Laugar Brewery
- Location: Gordexola, Spain
- Opened: 2014
- Annual production volume: 1500 hL
- Website: www.laugarbrewery.com

= Laugar Brewery =

Brewery in Gordexola, Spain

Laugar Brewery is a Spanish brewery founded in 2011 in Barakaldo by Eneko Neira, Txus Cabrera, Sergio Valiente and Aingeru del Campo. Their name means four beers in Basque, in reference to its four founders. Eneko had started working in Bleder brewery in Barcelona in 2008, and then convinced the rest of the crew to start homebrewing. After that, they were soon joined by Eder García, who was Eneko's classmate and also had a vast experience in homebrewing.

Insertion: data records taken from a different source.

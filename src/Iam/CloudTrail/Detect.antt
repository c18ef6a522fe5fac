-- ===== src/Iam/CloudTrail/Detect.antt =====
-- Patterns of escalation in CloudTrail events: crates/activable-iam-engine/src/cloudtrail.rs. The
-- order in which the map of principals is gone through is a parameter.
use activable_cloud.Prelude.{
  ℕ, ◌+◌, ◌-◌, ◌*◌, ◌^◌, Bool, true, false, not, ◌&&◌, List, [], ◌∷◌, ◌++◌, map, Option, none, some,
  Text, codes, text_eq, is_empty, any, all, keep, flat_map, length, get_elem?, ltb, leb,
  if◌then◌else◌,
}
use activable_cloud.Prelude.Options.{◌>>=◌}
use activable_cloud.Prelude.Decimal.{is_digit}
use activable_cloud.Prelude.Split.{split}
use activable_cloud.Iam.CloudTrail.{CloudTrailEvent, CloudTrailResource}

pub data EscalationPattern : Type 0 where
  denied_then_success rapid_iam_changes policy_modify_then_assume cross_account_assumption :
      EscalationPattern

pub record EscalationAttempt : Type 0 where
  pub principal_arn : Text
  pub pattern : EscalationPattern
  pub events : List CloudTrailEvent
  pub timestamp_range : Text × Text

-- `parse::<i64>` of the characters that `char::is_numeric`, a parameter, keeps, with 0 where it fails:
-- on none, on one that is no ASCII digit, and on too large a number.
abbrev pub digits_value : ℕ → Text → ℕ
digits_value acc [] = acc
digits_value acc (c ∷ s) = digits_value (acc * 10 + (c - b'0')) s

unfoldable pub parse_timestamp : (ℕ → Bool) → Text → ℕ
parse_timestamp is_numeric s =
    let kept = keep is_numeric s in
    let value = digits_value 0 kept in if all is_digit kept && ltb value (2 ^ 63) then value else 0

unfoldable pub is_within_time_window : (ℕ → Bool) → Text → Text → ℕ → Bool
is_within_time_window is_numeric time_a time_b window_seconds =
    let ts_a = parse_timestamp is_numeric time_a in
    let ts_b = parse_timestamp is_numeric time_b in leb (ts_b - ts_a + (ts_a - ts_b)) window_seconds

abbrev pub policy_modifications : List Text
policy_modifications = map codes (
    "CreatePolicy" ∷ "CreatePolicyVersion" ∷ "DeletePolicy" ∷ "DeletePolicyVersion"
    ∷ "PutUserPolicy" ∷ "PutGroupPolicy" ∷ "PutRolePolicy" ∷ "AttachUserPolicy"
    ∷ "AttachGroupPolicy" ∷ "AttachRolePolicy" ∷ "UpdateAssumeRolePolicy" ∷ [])

abbrev pub other_write_actions : List Text
other_write_actions = map codes (
    "DetachUserPolicy" ∷ "DetachGroupPolicy" ∷ "DetachRolePolicy" ∷ "CreateRole" ∷ "CreateUser"
    ∷ "AddUserToGroup" ∷ "UpdateUserPolicy" ∷ "CreateAccessKey" ∷ [])

unfoldable pub is_policy_modification : Text → Bool
is_policy_modification event_name = any (text_eq event_name) policy_modifications

-- The actions of both lists.
unfoldable pub is_iam_write_action : Text → Bool
is_iam_write_action event_name =
    any (text_eq event_name) (policy_modifications ++ other_write_actions)

unfoldable pub extract_account_from_arn_str : Text → Option Text
extract_account_from_arn_str arn = do
  account ← get_elem? (split b':' arn) 4
  if is_empty account then none else some account

abbrev pub is_denied : CloudTrailEvent → Bool
is_denied e = elim e.error_code [ none ↦ false | some c ↦ text_eq c (codes "AccessDenied") ]

abbrev pub is_success : CloudTrailEvent → Bool
is_success e = elim e.error_code [ none ↦ true | some c ↦ false ]

abbrev pub is_success_of : (ℕ → Bool) → CloudTrailEvent → CloudTrailEvent → Bool
is_success_of is_numeric a b =
    is_success b
    && text_eq b.event_name a.event_name
    && is_within_time_window is_numeric a.event_time b.event_time 3600

abbrev pub find_event : (CloudTrailEvent → Bool) → List CloudTrailEvent → Option CloudTrailEvent
find_event p [] = none
find_event p (e ∷ es) = if p e then some e else find_event p es

abbrev pub attempt :
    Text
    → EscalationPattern
    → List CloudTrailEvent
    → CloudTrailEvent
    → CloudTrailEvent
    → EscalationAttempt
attempt principal_arn pattern events first last = record {
  principal_arn = principal_arn;
  pattern = pattern;
  events = events;
  timestamp_range = (first.event_time, last.event_time);
}

abbrev pub pair_attempts : Text → CloudTrailEvent → Option CloudTrailEvent → List EscalationAttempt
pair_attempts arn a none = []
pair_attempts arn a (some b) = attempt arn denied_then_success (a ∷ b ∷ []) a b ∷ []

-- Pattern 1: for each denied event the first later one that succeeds.
unfoldable pub denied_attempts : (ℕ → Bool) → Text → List CloudTrailEvent → List EscalationAttempt
denied_attempts is_numeric arn [] = []
denied_attempts is_numeric arn (a ∷ rest) =
    (if is_denied a then pair_attempts arn a (find_event (is_success_of is_numeric a) rest) else [])
    ++ denied_attempts is_numeric arn rest

-- The events that follow within the window, up to the first that does not.
abbrev pub run_of : (ℕ → Bool) → CloudTrailEvent → List CloudTrailEvent → List CloudTrailEvent
run_of is_numeric a [] = []
run_of is_numeric a (b ∷ rest) =
    let later = run_of is_numeric a rest in
    if is_within_time_window is_numeric a.event_time b.event_time 300 then b ∷ later else []

-- Pattern 2, over the write actions: the first run of more than three. The answer is `none` where the
-- index of the last event is out of range.
unfoldable pub rapid_attempts :
    (ℕ → Bool) → Text → List CloudTrailEvent → Option (List EscalationAttempt)
rapid_attempts is_numeric arn [] = some []
rapid_attempts is_numeric arn (a ∷ rest) =
    let related_events = a ∷ run_of is_numeric a rest in
    let count = length related_events in
    let later = rapid_attempts is_numeric arn rest in
    if ltb 3 count
    then (do
      last ← get_elem? (a ∷ rest) (count - 1)
      some (attempt arn rapid_iam_changes related_events a last ∷ []))
    else later

abbrev pub is_write : CloudTrailEvent → Bool
is_write e = text_eq e.event_source (codes "iam.amazonaws.com") && is_iam_write_action e.event_name

abbrev pub is_modification : CloudTrailEvent → Bool
is_modification e =
    text_eq e.event_source (codes "iam.amazonaws.com") && is_policy_modification e.event_name

abbrev pub is_assume : CloudTrailEvent → Bool
is_assume e =
    text_eq e.event_source (codes "sts.amazonaws.com") && text_eq e.event_name (codes "AssumeRole")

-- Pattern 3, for one policy event.
unfoldable pub assume_attempts :
    (ℕ → Bool) → Text → CloudTrailEvent → List CloudTrailEvent → List EscalationAttempt
assume_attempts is_numeric arn p [] = []
assume_attempts is_numeric arn p (a ∷ rest) =
    let later = assume_attempts is_numeric arn p rest in
    if is_within_time_window is_numeric p.event_time a.event_time 3600 && is_success a
    then attempt arn policy_modify_then_assume (p ∷ a ∷ []) p a ∷ later
    else later

abbrev pub is_elsewhere : Text → CloudTrailResource → Bool
is_elsewhere target r = elim (extract_account_from_arn_str r.resource_arn) [
  | none ↦ false
  | some account ↦ not (text_eq account target)
]

-- Pattern 4: one attempt for each event with a resource in another account.
abbrev pub cross_attempt : Text → Option Text → CloudTrailEvent → List EscalationAttempt
cross_attempt arn none a = []
cross_attempt arn (some target) a =
    if is_success a && any (is_elsewhere target) a.resources
    then attempt arn cross_account_assumption (a ∷ []) a a ∷ []
    else []

-- What is pushed for one principal.
unfoldable pub principal_attempts :
    (ℕ → Bool) → Text → List CloudTrailEvent → Option (List EscalationAttempt)
unfolding denied_attempts rapid_attempts assume_attempts
principal_attempts is_numeric arn es = do
  rapid ← rapid_attempts is_numeric arn (keep is_write es)
  let assumes = keep is_assume es
  some (
      denied_attempts is_numeric arn es
      ++ (rapid
          ++ (flat_map (λ p. assume_attempts is_numeric arn p assumes) (keep is_modification es)
              ++ flat_map (cross_attempt arn (extract_account_from_arn_str arn)) assumes)))

-- The map from principals to their events, an entry for each in the order of appearance.
abbrev pub Groups : Type 0
Groups = List (Text × List CloudTrailEvent)

abbrev pub push_event : CloudTrailEvent → Groups → Groups
push_event e [] = (e.principal_arn, e ∷ []) ∷ []
push_event e ((arn, es) ∷ groups) =
    let later = push_event e groups in
    if text_eq e.principal_arn arn then (arn, es ++ e ∷ []) ∷ groups else (arn, es) ∷ later

abbrev pub group_events : List CloudTrailEvent → Groups → Groups
group_events [] groups = groups
group_events (e ∷ es) groups = group_events es (push_event e groups)

unfoldable pub all_attempts : (ℕ → Bool) → Groups → Option (List EscalationAttempt)
unfolding principal_attempts
all_attempts is_numeric [] = some []
all_attempts is_numeric ((arn, es) ∷ groups) = do
  first ← principal_attempts is_numeric arn es
  later ← all_attempts is_numeric groups
  some (first ++ later)

unfoldable pub detect_escalation_attempts :
    (ℕ → Bool) → (Groups → Groups) → List CloudTrailEvent → Option (List EscalationAttempt)
unfolding all_attempts
detect_escalation_attempts is_numeric iterate events =
    all_attempts is_numeric (iterate (group_events events []))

They started brewing small batches for local bars in Bilbao, and after attending Birrasana festival in 2013, they were invited to Borefts. After that, in 2014 they decide to set up a brewery, located in Gordexola, 18 Km away from Bilbao. In 2017, they were producing 1500 hL. a year.

They have brewed collaboration brews with European breweries like De Molen, Alvinne or Naparbier.

== Events ==
Since 2014 they organize the festival Rock & Beer in their taproom in Gordexola, and they also hold a yearly event, Tovarisch Day, when they serve several versions of their most appreciated Imperial Stout, Aupa Tovarisch.

== Awards and recognition ==

Laugar Aurrera Stanitsa is considered the best Spanish beer according to Ratebeer (2019).

Laugar Funeralópolis is considered 2nd best Spanish beer according to Untappd

Laugar Braskadi won the gold medal in Mondial de la Biére 2016 in Montreal.